NOTE: This is a closed-source application so dynamic linking is not an option for it requires distributing the source code to allow users to build the binaries on their own systems.

NOTE: I am currently trying to get this to compile with Linux via g++, but, I do intend to use mingw to distribute this application for Windows as well. Any advice that works there is preferable to Linux only advice, but, I can ask another question if I can't figure out that part from what will end up here.

NOTE: I am using Ubuntu 16.04 LTS x64 to compile.

Thank you in advance for even getting this far in this question. Sorry for the wall of text, but, I wanted to provide as much information as possible. I look forward to any answers!

Older Loki games did full static linking. Probably not worth it anymore, and far more difficult if you use external libraries.

Libraries are often not self-sufficient, requiring other libraries, .... Dynamic library have dependency information built-in, but static library is just an archive of .o files - it may depend on something but there is no special section that describes what extra libraries should be used. Your first error says that libSDL2.a uses symbol sem_getvalue@@GLIBC_2.2.5 ( sem_getvalue function, marked with glibc version) that cannot be resolved - most likely because you didn't add -lpthread to your linker flags. ( libSDL.so depends on some version of pthrtead among other things - that's why you don't need to manually link with it if you don't use it directly).

GLEW should have no problems with static linking.

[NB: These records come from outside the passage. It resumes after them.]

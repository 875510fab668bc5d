-- ===== src/Server/Serial/Guards.antt =====
-- The accesses of a thread are covered by the locks that it holds, or will hold when it comes to them.
use mathlib.Core.Path.{fun_ext, subst}
use so.Common.{ℕ, ◌<◌, List, [], ◌∷◌, All, ◌≡◌, refl, sym}
use so.Server.Locking.{Hold}
use so.Server.Serial.{
  Operation, Phase, taking, active, Thread, System, Step, start_operation, take_shared, take_owned,
  begin, perform, give, Reach, start, later, update, hold, none_held, started,
}
use so.Server.Serial.Accesses.{IsGuarded, IsGuarded-rest}
use so.Server.Serial.Exclusion.{update_all, IsExclusive, Step-IsExclusive}

-- The locks after some have been taken.
abbrev pub after : List (ℕ × Hold) → (ℕ → Hold) → ℕ → Hold
after [] held = held
after ((b, h) ∷ locks) held = after locks (hold held b h)

module _ {C L : Type 0} where
  -- An operation that takes the locks for its accesses.
  abbrev pub IsSafe : Operation C L → Type 0
  IsSafe o = IsGuarded (after o.locks none_held) o.accesses

  abbrev pub IsCovered : (ℕ → Hold) → Phase C L → Type 0
  IsCovered held (taking locks left) = IsGuarded (after locks held) left
  IsCovered held (active left) = IsGuarded held left

  abbrev pub ThreadIsSafe : Thread C L → Type 0
  ThreadIsSafe t = IsCovered t.held t.phase × All IsSafe t.todo

  abbrev pub AllSafe : ℕ → (ℕ → Thread C L) → Type 0
  AllSafe n threads = (j : ℕ) → j < n → ThreadIsSafe (threads j)

  update-AllSafe :
      {n : ℕ} (threads : ℕ → Thread C L) (i : ℕ) (t : Thread C L)
      → AllSafe n threads
      → ThreadIsSafe t
      → AllSafe n (update threads i t)
  update-AllSafe {n} threads i t all new =
      update_all (λ j x. j < n → ThreadIsSafe x) threads i t (λ lt. new) (λ j ne lt. all j lt)

  Step-AllSafe : {n : ℕ} {s t : System C L} → Step n s t → AllSafe n s.threads → AllSafe n t.threads
  Step-AllSafe {n} {s} (start_operation i o os lt e f h) all =
      let none : (s.threads i).held ≡ none_held = fun_ext h in
      let safe = subst (All IsSafe) f (all i lt).1 in
      update-AllSafe s.threads i _ all
        (subst (λ held. IsGuarded (after o.locks held) o.accesses) (sym none) safe.0, safe.1)
  Step-AllSafe {n} {s} (take_shared i b locks left lt e h) all =
      update-AllSafe s.threads i _ all (rw e at (all i lt).0, (all i lt).1)
  Step-AllSafe {n} {s} (take_owned i b locks left lt e h) all =
      update-AllSafe s.threads i _ all (rw e at (all i lt).0, (all i lt).1)
  Step-AllSafe {n} {s} (begin i left lt e) all =
      update-AllSafe s.threads i _ all (rw e at (all i lt).0, (all i lt).1)
  Step-AllSafe {n} {s} (perform i a left lt e) all =
      update-AllSafe s.threads i _ all
        (IsGuarded-rest (s.threads i).held a left (rw e at (all i lt).0), (all i lt).1)
  Step-AllSafe {n} {s} (give i b lt e h) all =
      update-AllSafe s.threads i _ all (rw e tt, (all i lt).1)

  -- The threads do not share what one of them owns, and stay within their locks.
  pub record IsOrdered (n : ℕ) (s : System C L) : Type 0 where
    pub exclusive : IsExclusive n s.threads
    pub safe : AllSafe n s.threads

  pub Reach-IsOrdered :
      {n : ℕ} {cells : ℕ → C} {locals : ℕ → L} {programs : ℕ → List (Operation C L)}
      {s : System C L}
      → ((j : ℕ) → j < n → All IsSafe (programs j))
      → Reach n (started cells locals programs) s
      → IsOrdered n s
  Reach-IsOrdered all start = record {
    exclusive = λ i j li lj ne b o. refl;
    safe = λ j lt. (tt, all j lt);
  }
  Reach-IsOrdered all (later r st) =
      let o = Reach-IsOrdered all r in
      record { exclusive = Step-IsExclusive st o.exclusive; safe = Step-AllSafe st o.safe }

You need to be more specific on errors you're getting. Maybe you got your libraries order wrong and linker cannot resolve GL functions. Need to see actual linking line and some 'undefined reference' errors to be more specific.

pkg-config 's --static flag should give you dependencies list (eg -lpthread should be in the output of sdl2-config --static-libs among many others), but it does not by itself produce static linking with given library. To request static linking, there are -static gcc flag that generates static executable (hard!) and -Bstatic linker flag to use static version for all libraries specified after it (so that way you can use some static libraries and some dynamic). -Bdynamic is a counterpart, asking to use dynamic libraries. Eg to use static SDL and GLEW but dynamic GL linking line should be something like (if you use gcc to link, not ld directly) gcc ${OBJECT_FILES} -Wl,-Bstatic -lSDL2 -lGLEW -Wl,-Bdynamic -lGL -lpthread -ldl -lm <everything else SDL2 requires - query with sdl2-config> .

Your /usr/bin/ld: cannot find -lasound lines may have two reasons - static linking or related to the fact that you don't have development libraries installed (eg libasound2-dev , libpulse-dev , ... - at least they called that on debian, it is unlikely ubuntu have different names). 'User' libraries usually contains eg libasound.so.2 but linker will not find this library as it have a version in it. Development package contains headers and symlink libasound.so -> libasound.so.2 - that way linker knows what to use. If you use it indirectly via SDL2 - you don't need that, shared SDL2 already have a link to versioned library.

However there may be little point in doing so at all. You can distribute requred shared libraries with your software and use them either via rpath or LD_LIBRARY_PATH environment variable (maya, steam, etc... - almost everyone doing these this days). Moreover, even with static SDL2 end user can override SDL2 with their own (this is a feature intentionally implemented in SDL2). If there is a bug (or just very different environment) and your software is no longer gets updates - there is a chance that problem may be fixed by just replacing shared libraries. Would you really mind people running your program on wayland or mir if your original SDL2 had only X11 support?

in such a way that it will run on any version of Linux it may find itself -- not just where it was originally compiled is far more complicated, and honestly almost unrealistic (unless you have quite small program and use only very limited set of libraries with a good forward/backward compatibility - but even then it may be hard). One of big problems is glibc; usually it is a good idea to use lowest possible version of glibc to compile your program.

To sum it up, it is possible, but it does not help much.